31

Hanna

Don’t go online.

The first message, a few days after the camping trip, is from Lucy, but it’s followed by messages from Rachel, Jessa, Mari, Kane, Barb, Geneva, and even my brother Shane.

Oh, shit.

So, what do I do?

I go online, of course.

Human nature, man; it sucks. It sucks to the tune of hundreds of Instagram notifications and quite a few DMs.

Bear posted a video.

I don’t think he meant to be a total and complete dick, but… well, he’s managed it anyway.

In the video, he’s sitting by himself by the campfire. The camera is stationary, as if it’s on a stand, so I’m guessing Cypress had gone to bed. It must have been recorded after Easton and I crept back to the tent together.

He’s drinking from a flask, which he raises to the viewer. “Single malt scotch,” he says. “Oban. Extra peaty. Good for pity parties.”

Because of the volume of comments and DMs, because of my friends’ messages, I’m pretty sure I know where this is going, but my stomach still drops like I’m in a faulty elevator.

“Tough week, guys. Hanna told me she’s not interested in taking things further.”

Giving him the maximum benefit of the doubt, he must have felt he had to let his viewers know he and I weren’t going to be a thing, and thought this would be a good way to do it.

But holy shit, if he didn’t foresee what would happen next, he’s either an idiot or an asshole.

Right now, I’m voting for both.

Bear carries on with a sorrowful bite of his lip. “And I’m just super bummed out about it. You know when you meet someone who just feels so perfect for you?”

He gives the camera a woeful glance. “I mean, she’s cute, she’s smart, she’s at home in the woods, and she loves to eat even more than I do. I know I’ll get over this, but… it just hurts right now, not gonna lie. So, if you’re out there, having a tough night, too, just know I feel you.”

And he signs off, with another wry, sad smile, and tip of his flask.

I can only imagine how many women just slid into his DMs to tell him they feel his pain.

Meanwhile, in the comments… and in my DMs…

Oh, shit.

Well, you know the drill. I won’t recap. His viewers pick on my pixie haircut and weight, they hate on my fashion choices, and they berate me for thinking I can do better than Bear, when Bear is so obviously waaaay above my pay grade.

Don’t pay any attention to them.

Stop reading!

Stop… stop… stop.

But I can’t look away. It’s the sickest form of FOMO, not wanting the rest of the world to know what’s being said about me if I don’t.

Even if I really, really don’t want to know.

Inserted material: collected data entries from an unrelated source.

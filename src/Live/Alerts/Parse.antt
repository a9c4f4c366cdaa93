-- ===== src/Live/Alerts/Parse.antt =====
-- The values of a policy file in oad_parser/live/alerts.py: sets, numbers and overrides.
use oad_parser.Common.{
  Option, none, some, List, [], ◌∷◌, ◌++◌, Bool, true, false, not, ◌&&◌, if◌then◌else◌, map, Result,
  ok, err, value_error_of, ◌>>=◌, ◌>>◌,
}
use oad_parser.Common.Int.{ℤ}
use oad_parser.Common.Text.{Text, codes, join, strip}
use oad_parser.Common.Dict.{equals_text}
use oad_parser.Common.Value.{
  Value, null, boolean, integer, floating, text, sequence, mapping, Items, done, item, Fields, end,
  field, is_null, get, contains_text,
}
use oad_parser.Decoders.Registry.{leb_text}
use oad_parser.Detect.Record.{Floats}
use oad_parser.Live.Writer.PolicyCheck.{keys, sorted_difference, raise_names, raise_text_if}
use oad_parser.Live.Alerts.Taxonomy.{
  ecg_cd2_001, ecg_cd2_002, ecg_cd2_003, ecg_cd2_004, ecg_cd2_005, ecg_cd2_006, ecg_cd2_007,
  oad_ecg_003, oad_ecg_005, oad_ecg_006, oad_ecg_007, oad_ecg_008, id_text,
}
use oad_parser.Live.Alerts.Config.{Numbers, AlertOverride}

abbrev pub alert_policy_v2_schema_version : Text
alert_policy_v2_schema_version = codes "2026-06-17.alert-policy-v2"

unfoldable pub required_int : Value → Text → Result ℤ
required_int (integer n) name = ok n
required_int _ name = err (value_error_of (name ++ codes " must be an integer"))

unfoldable pub optional_int : Value → Text → Result (Option ℤ)
unfolding required_int
optional_int null name = ok none
optional_int v name = do n ← required_int v name; ok (some n)

unfoldable pub optional_bool : Value → Text → Result Bool
optional_bool (boolean b) name = ok b
optional_bool _ name = err (value_error_of (name ++ codes " must be boolean"))

abbrev pub is_blank : Text → Bool
is_blank [] = true
is_blank (c ∷ t) = false

unfoldable pub string_items : Text → Items → Result (List Text)
string_items name done = ok []
string_items name (item (text t) items) = do
  raise_text_if (is_blank (strip t)) (name ++ codes " entries must be non-empty strings")
  ts ← string_items name items
  ok (strip t ∷ ts)
string_items name (item _ items) =
    err (value_error_of (name ++ codes " entries must be non-empty strings"))

unfoldable pub string_set : Value → Text → Result (List Text)
unfolding string_items
string_set null name = ok []
string_set (sequence items) name = string_items name items
string_set _ name = err (value_error_of (name ++ codes " must be a list"))

unfoldable pub int_items : Text → Items → Result (List ℤ)
unfolding required_int
int_items name done = ok []
int_items name (item v items) = do
  n ← required_int v (name ++ codes " entry")
  ns ← int_items name items
  ok (n ∷ ns)

unfoldable pub int_set : Value → Text → Result (List ℤ)
unfolding int_items
int_set null name = ok []
int_set (sequence items) name = int_items name items
int_set _ name = err (value_error_of (name ++ codes " must be a list"))

-- The entries of an object, each read as a set.
abbrev set_entries {ℓ} :
    {A : Type ℓ} → (Value → Text → Result A) → Text → Fields → Result (List (Text × A))
set_entries read name end = ok []
set_entries read name (field key v d) = do
  a ← read v (name ++ (codes "." ++ key))
  entries ← set_entries read name d
  ok ((key, a) ∷ entries)

abbrev set_map {ℓ} :
    {A : Type ℓ} → (Value → Text → Result A) → Value → Text → Result (List (Text × A))
set_map read null name = ok []
set_map read (mapping d) name = set_entries read name d
set_map read _ name = err (value_error_of (name ++ codes " must be an object"))

unfoldable pub string_set_map : Value → Text → Result (List (Text × List Text))
unfolding string_set
string_set_map v name = set_map string_set v name

unfoldable pub int_set_map : Value → Text → Result (List (Text × List ℤ))
unfolding int_set
int_set_map v name = set_map int_set v name

-- `float(value)` of an int or a float
module _ (fs : Floats) (n : Numbers fs) where
  abbrev float_or_raise : Option fs.Float → Text → Result (Option fs.Float)
  float_or_raise (some x) name = ok (some x)
  float_or_raise none name = err (value_error_of (name ++ codes " is too large for a float"))

  unfoldable pub optional_float : Value → Text → Result (Option fs.Float)
  optional_float null name = ok none
  optional_float (integer i) name = float_or_raise (n.float_of (integer i)) name
  optional_float (floating whole repr) name = float_or_raise (n.float_of (floating whole repr)) name
  optional_float _ name = err (value_error_of (name ++ codes " must be numeric"))

unfoldable pub known_alert_ids : List Text
unfolding id_text
known_alert_ids = map id_text (
    ecg_cd2_001 ∷ ecg_cd2_002 ∷ ecg_cd2_003 ∷ ecg_cd2_004 ∷ ecg_cd2_005 ∷ ecg_cd2_006 ∷ ecg_cd2_007
    ∷ oad_ecg_003 ∷ oad_ecg_005 ∷ oad_ecg_006 ∷ oad_ecg_007 ∷ oad_ecg_008 ∷ [])

-- The keys of `SEVERITY_RANK`, sorted.
abbrev pub severities : List Text
severities = codes "critical" ∷ codes "high" ∷ codes "low" ∷ codes "medium" ∷ []

abbrev pub is_severity : Value → Bool
is_severity (text t) = contains_text t severities
is_severity _ = false

abbrev supported_override_keys : List Text
supported_override_keys = codes "enabled" ∷ codes "severity" ∷ []

abbrev unsupported_override_keys : List Text
unsupported_override_keys =
    codes "cooldown"
    ∷ codes "cooldown_seconds"
    ∷ codes "evidence"
    ∷ codes "evidence_fields"
    ∷ codes "evidence_mutation"
    ∷ codes "suppression_seconds"
    ∷ codes "suppression_window_seconds"
    ∷ []

abbrev only_in : List Text → List Text → List Text
only_in known [] = []
only_in known (t ∷ ts) =
    let rest = only_in known ts in if contains_text t known then t ∷ rest else rest

abbrev is_boolean_or_null : Value → Bool
is_boolean_or_null null = true
is_boolean_or_null (boolean b) = true
is_boolean_or_null _ = false

abbrev bool_of : Value → Option Bool
bool_of (boolean b) = some b
bool_of _ = none

abbrev pub text_in : Value → Option Text
text_in (text t) = some t
text_in _ = none

-- The checks of one override, whose messages start with its path.
unfoldable pub read_override : Text → Fields → Result AlertOverride
read_override path d = do
  let unknown = sorted_difference supported_override_keys (keys d)
  let enabled = get (codes "enabled") d
  let severity = get (codes "severity") d
  raise_names (path ++ codes " has unsupported override key(s): ")
      (only_in unsupported_override_keys unknown)
  raise_names (path ++ codes " has unknown override key(s): ") unknown
  raise_text_if (not (is_boolean_or_null enabled)) (path ++ codes ".enabled must be boolean")
  raise_text_if (not (is_null severity) && not (is_severity severity))
      (path ++ (codes ".severity must be one of: " ++ join (codes ", ") severities))
  ok (record { enabled = bool_of enabled; severity = text_in severity })

abbrev override_of : Text → Value → Result AlertOverride
override_of path (mapping d) = read_override path d
override_of path _ = err (value_error_of (path ++ codes " must be an object"))

abbrev pub insert_entry : Text → Value → List (Text × Value) → List (Text × Value)
insert_entry key v [] = (key, v) ∷ []
insert_entry key v ((k, w) ∷ entries) =
    let rest = insert_entry key v entries in
    if leb_text key k then (key, v) ∷ (k, w) ∷ entries else (k, w) ∷ rest

-- `sorted(value.items())`
abbrev pub sorted_entries : Fields → List (Text × Value)
sorted_entries end = []
sorted_entries (field key v d) = insert_entry key v (sorted_entries d)

unfoldable pub read_overrides : List (Text × Value) → Result (List (Text × AlertOverride))
unfolding known_alert_ids read_override
read_overrides [] = ok []
read_overrides ((alert_id, v) ∷ entries) = do
  raise_text_if (not (contains_text alert_id known_alert_ids))
      (codes "Unknown alert ID in desired_alert_overrides: " ++ alert_id)
  override ← override_of (codes "desired_alert_overrides." ++ alert_id) v
  overrides ← read_overrides entries
  ok ((alert_id, override) ∷ overrides)

abbrev has_fields : Fields → Bool
has_fields end = false
has_fields (field key v d) = true

unfoldable pub alert_override_map : Value → Text → Result (List (Text × AlertOverride))
unfolding read_overrides
alert_override_map null schema_version = ok []
alert_override_map (mapping d) schema_version = do
  raise_text_if (has_fields d && not (equals_text schema_version alert_policy_v2_schema_version))
      (codes "desired_alert_overrides require schema_version " ++ alert_policy_v2_schema_version)
  read_overrides (sorted_entries d)
alert_override_map _ schema_version =
    err (value_error_of (codes "desired_alert_overrides must be an object keyed by alert ID"))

I read until I can’t breathe and my eyes burn, and then I throw my phone down on the couch. I wedge my feet into my sneakers and let the front door shut behind me. There’s only one place I want to go when I feel like this, and that’s down to the edge of the river that runs along our property line.

It’s where I’ve always gone when things are tough, where I went the day of my mom’s funeral when I had to get away from all the people and their concern and questions. It’s where I ran when my brothers teased and taunted and pushed me to the outside of their impenetrable boy circle, and when the girls in school teased and taunted and pushed me to the outside of their closed girl world.

And today, it’s where I go to escape my ugly fifteen minutes of unearned, unwanted fame, since I’m definitely not an Internet “it” girl. I’m an Internet “out” girl.

I don’t want to give a shit. About any of it. I’ve spent my life learning how not to give a shit.

I’m a pro by now.

I bend, pick up a stone, skip it.

The water’s high this year—lots of snow melt—very different from the drought year when my mother died. With the water rushing, it’s hard to see what happens to the stone, how many times it bounces before it sinks.

I’m not sure how long I stand there, skipping stones, trying to trace their trajectory across the surface, feeling my heartbeat slowly ease back to normal, before I hear footsteps behind me. I don’t have to look to know it’s Easton; he’s the only one who’d look for me down here. He comes up beside me. Squats.

“Don’t,” I say.

“Don’t what?”

“Don’t give me a stone. I’ll just brain you with it.”

A small laugh huffs out of him. Just the sound of it makes me feel a little better.

He does it anyway, searching in the dirt for one he likes and pressing it into my palm. I rub my fingers over it, testing it; it’s the perfect worry stone. I slide it into my pocket and hold out my hand for another.

“What, doesn’t meet your standards?”

I don’t tell him it’s too perfect to skip. I just shake my hand impatiently until he presses another stone into it. I release it and watch it skid and bounce over the water’s surface.

He picks one up and skips it so it follows a few steps behind mine—before they both disappear under the surface.

We do it for a few more minutes, until the sting slowly starts to go out of all those strangers’ words.

The feel of him next to me is safety and belonging.

I want to tell him that, but I can’t imagine doing so, because even hearing the words in my head is scary. Like by thinking them I’ve made them true, and by making them true, I’ve dared the universe to take them away from me.